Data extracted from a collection
= = = = =

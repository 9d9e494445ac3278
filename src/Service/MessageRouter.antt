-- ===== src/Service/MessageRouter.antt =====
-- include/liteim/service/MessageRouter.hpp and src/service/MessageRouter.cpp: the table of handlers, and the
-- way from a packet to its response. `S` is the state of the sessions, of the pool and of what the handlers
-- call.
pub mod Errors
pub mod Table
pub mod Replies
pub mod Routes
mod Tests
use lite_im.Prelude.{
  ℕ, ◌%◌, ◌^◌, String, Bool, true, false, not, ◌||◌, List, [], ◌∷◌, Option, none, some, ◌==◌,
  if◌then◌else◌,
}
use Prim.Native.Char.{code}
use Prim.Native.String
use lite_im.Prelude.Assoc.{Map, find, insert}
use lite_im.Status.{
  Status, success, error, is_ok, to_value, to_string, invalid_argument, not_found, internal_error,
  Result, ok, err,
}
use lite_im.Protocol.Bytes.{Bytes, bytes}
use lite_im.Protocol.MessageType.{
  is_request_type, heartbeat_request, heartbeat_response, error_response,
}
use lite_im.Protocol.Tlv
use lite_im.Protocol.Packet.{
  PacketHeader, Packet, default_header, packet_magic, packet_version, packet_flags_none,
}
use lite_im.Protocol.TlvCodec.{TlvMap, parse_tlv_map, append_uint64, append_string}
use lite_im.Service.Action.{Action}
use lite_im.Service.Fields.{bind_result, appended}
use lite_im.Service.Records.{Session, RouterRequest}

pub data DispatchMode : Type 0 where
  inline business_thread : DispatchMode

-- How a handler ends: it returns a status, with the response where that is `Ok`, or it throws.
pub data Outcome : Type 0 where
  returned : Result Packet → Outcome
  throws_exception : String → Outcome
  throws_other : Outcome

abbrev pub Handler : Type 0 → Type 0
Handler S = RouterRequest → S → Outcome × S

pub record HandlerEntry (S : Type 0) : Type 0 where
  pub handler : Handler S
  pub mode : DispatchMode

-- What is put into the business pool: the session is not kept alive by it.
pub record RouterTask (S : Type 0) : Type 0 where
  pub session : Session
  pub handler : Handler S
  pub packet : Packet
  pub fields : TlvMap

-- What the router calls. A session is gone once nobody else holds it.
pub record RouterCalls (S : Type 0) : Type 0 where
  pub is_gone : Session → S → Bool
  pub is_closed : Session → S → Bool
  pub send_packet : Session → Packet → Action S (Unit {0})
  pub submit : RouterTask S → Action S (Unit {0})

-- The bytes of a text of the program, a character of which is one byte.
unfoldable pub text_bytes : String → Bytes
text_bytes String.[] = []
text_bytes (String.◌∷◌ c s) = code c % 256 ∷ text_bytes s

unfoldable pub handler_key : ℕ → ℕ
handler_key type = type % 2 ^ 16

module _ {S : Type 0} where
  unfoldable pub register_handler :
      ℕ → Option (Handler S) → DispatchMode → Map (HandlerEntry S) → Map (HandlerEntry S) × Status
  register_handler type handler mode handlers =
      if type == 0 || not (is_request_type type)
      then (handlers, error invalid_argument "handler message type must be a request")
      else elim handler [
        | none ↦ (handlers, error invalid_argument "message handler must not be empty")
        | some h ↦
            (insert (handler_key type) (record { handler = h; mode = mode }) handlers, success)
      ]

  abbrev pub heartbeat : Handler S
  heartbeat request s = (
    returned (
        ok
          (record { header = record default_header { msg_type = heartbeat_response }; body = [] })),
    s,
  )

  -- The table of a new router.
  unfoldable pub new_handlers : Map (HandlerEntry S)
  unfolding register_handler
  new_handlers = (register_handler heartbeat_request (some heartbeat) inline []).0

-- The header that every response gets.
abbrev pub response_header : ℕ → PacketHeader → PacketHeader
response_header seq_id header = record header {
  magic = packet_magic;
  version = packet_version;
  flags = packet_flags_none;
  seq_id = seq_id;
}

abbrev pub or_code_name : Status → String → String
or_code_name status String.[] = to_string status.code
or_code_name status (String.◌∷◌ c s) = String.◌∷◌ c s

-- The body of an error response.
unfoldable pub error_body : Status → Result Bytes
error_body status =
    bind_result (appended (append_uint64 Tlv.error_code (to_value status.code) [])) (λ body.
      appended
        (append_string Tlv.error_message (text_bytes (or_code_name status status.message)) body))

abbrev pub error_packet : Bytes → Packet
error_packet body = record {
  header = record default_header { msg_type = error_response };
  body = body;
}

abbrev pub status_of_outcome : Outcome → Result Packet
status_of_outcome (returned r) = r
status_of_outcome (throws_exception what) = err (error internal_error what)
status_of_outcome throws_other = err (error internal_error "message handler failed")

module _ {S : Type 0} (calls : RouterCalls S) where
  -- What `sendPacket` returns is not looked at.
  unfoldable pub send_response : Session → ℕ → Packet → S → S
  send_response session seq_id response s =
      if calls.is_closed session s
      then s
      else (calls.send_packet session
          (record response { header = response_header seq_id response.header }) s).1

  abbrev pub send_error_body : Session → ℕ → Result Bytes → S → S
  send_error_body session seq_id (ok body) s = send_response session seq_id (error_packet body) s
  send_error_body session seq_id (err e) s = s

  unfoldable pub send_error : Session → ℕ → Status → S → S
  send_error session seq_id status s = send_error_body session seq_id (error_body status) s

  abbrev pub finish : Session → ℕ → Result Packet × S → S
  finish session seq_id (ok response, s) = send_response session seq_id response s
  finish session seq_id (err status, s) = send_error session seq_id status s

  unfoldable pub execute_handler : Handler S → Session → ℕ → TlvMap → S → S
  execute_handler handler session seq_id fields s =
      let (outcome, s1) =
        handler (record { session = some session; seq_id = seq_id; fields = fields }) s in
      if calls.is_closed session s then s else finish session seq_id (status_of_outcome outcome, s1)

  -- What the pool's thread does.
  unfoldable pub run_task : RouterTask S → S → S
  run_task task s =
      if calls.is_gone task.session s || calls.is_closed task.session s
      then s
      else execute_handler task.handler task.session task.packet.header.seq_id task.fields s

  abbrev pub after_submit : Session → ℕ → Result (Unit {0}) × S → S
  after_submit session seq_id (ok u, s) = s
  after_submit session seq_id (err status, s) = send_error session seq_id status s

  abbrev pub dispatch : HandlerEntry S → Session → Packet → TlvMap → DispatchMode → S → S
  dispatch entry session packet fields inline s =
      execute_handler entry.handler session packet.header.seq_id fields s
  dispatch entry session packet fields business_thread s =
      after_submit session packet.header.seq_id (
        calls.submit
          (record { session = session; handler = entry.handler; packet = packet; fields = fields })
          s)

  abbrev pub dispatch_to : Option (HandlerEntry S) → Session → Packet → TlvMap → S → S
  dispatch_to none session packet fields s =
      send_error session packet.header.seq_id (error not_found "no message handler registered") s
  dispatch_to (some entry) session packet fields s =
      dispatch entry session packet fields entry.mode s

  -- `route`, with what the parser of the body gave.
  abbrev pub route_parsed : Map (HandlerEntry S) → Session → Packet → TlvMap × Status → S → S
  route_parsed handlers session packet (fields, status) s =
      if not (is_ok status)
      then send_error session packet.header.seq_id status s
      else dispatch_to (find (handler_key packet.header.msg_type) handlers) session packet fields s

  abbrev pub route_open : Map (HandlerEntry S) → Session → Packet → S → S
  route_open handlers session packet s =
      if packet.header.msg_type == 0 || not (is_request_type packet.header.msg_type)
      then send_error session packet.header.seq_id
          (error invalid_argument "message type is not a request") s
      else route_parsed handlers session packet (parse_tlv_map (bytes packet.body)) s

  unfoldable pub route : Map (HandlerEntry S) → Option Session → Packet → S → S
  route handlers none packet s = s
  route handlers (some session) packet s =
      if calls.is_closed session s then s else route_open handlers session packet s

= = = = =

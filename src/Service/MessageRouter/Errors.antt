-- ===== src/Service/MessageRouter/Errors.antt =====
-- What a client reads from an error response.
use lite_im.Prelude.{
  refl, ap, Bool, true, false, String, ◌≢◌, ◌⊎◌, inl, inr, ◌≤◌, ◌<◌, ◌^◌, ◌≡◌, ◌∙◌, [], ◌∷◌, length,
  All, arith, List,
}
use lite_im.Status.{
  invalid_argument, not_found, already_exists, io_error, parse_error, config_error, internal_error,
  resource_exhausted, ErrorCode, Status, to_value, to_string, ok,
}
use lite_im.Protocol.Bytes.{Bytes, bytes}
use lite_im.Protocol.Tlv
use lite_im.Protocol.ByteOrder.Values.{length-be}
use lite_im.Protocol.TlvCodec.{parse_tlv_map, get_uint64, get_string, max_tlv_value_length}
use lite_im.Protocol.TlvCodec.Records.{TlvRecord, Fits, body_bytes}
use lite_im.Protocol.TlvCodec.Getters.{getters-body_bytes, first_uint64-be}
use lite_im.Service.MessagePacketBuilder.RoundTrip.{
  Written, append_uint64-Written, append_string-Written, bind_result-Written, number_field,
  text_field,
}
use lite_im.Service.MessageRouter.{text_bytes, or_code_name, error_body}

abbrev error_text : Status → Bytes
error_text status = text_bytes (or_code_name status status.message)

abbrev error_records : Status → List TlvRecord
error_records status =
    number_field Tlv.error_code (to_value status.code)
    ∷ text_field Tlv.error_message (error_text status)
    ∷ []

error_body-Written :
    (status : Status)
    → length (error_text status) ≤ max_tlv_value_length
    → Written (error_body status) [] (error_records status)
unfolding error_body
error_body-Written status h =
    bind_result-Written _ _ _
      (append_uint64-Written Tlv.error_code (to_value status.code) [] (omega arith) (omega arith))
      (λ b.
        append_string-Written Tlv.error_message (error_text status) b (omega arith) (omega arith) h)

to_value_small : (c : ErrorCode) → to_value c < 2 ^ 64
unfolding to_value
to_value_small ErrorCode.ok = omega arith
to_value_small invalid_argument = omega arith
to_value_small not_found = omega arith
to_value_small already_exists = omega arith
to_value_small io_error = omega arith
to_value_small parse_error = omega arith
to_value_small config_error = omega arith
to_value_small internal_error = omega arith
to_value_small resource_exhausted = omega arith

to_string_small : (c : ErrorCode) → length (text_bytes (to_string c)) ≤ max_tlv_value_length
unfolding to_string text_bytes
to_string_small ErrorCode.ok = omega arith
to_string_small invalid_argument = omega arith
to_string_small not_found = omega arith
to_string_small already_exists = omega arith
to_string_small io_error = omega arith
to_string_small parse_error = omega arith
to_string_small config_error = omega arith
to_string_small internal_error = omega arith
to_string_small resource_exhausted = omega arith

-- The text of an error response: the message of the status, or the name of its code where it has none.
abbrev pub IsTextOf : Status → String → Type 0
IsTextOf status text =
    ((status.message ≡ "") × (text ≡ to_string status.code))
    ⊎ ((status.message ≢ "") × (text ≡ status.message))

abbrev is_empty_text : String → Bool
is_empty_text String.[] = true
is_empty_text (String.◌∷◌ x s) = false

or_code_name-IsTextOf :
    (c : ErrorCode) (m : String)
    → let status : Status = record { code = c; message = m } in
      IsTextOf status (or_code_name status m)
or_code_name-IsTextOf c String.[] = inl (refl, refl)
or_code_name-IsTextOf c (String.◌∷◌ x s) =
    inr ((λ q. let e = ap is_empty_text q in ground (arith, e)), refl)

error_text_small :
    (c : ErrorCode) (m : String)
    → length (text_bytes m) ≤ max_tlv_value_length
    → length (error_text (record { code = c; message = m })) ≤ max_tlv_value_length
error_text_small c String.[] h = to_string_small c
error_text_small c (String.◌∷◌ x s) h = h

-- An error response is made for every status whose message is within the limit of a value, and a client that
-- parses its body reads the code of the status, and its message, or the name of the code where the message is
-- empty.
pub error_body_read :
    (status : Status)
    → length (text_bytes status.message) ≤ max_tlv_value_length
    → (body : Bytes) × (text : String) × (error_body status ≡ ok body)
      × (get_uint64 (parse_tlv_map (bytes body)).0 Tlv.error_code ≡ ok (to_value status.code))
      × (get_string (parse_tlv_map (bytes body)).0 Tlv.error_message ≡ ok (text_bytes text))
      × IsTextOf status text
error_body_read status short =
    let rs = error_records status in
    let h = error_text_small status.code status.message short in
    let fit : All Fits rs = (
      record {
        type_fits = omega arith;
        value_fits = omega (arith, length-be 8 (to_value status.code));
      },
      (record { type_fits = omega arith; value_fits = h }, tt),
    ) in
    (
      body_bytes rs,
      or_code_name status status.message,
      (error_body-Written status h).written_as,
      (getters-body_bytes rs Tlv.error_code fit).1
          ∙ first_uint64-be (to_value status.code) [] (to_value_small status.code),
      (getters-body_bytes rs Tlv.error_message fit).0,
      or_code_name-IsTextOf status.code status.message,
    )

= = = = =

PROBLEM STATEMENT: Return, with no change at all, every line in the entries above from the line containing "RouterCalls S) where" through the line containing "unfoldable pub send_error".

RESPONSE BOX:
module _ {S : Type 0} (calls : RouterCalls S) where
  -- What `sendPacket` returns is not looked at.
  unfoldable pub send_response : Session → ℕ → Packet → S → S
  send_response session seq_id response s =
      if calls.is_closed session s
      then s
      else (calls.send_packet session
          (record response { header = response_header seq_id response.header }) s).1

  abbrev pub send_error_body : Session → ℕ → Result Bytes → S → S
  send_error_body session seq_id (ok body) s = send_response session seq_id (error_packet body) s
  send_error_body session seq_id (err e) s = s

  unfoldable pub send_error : Session → ℕ → Status → S → S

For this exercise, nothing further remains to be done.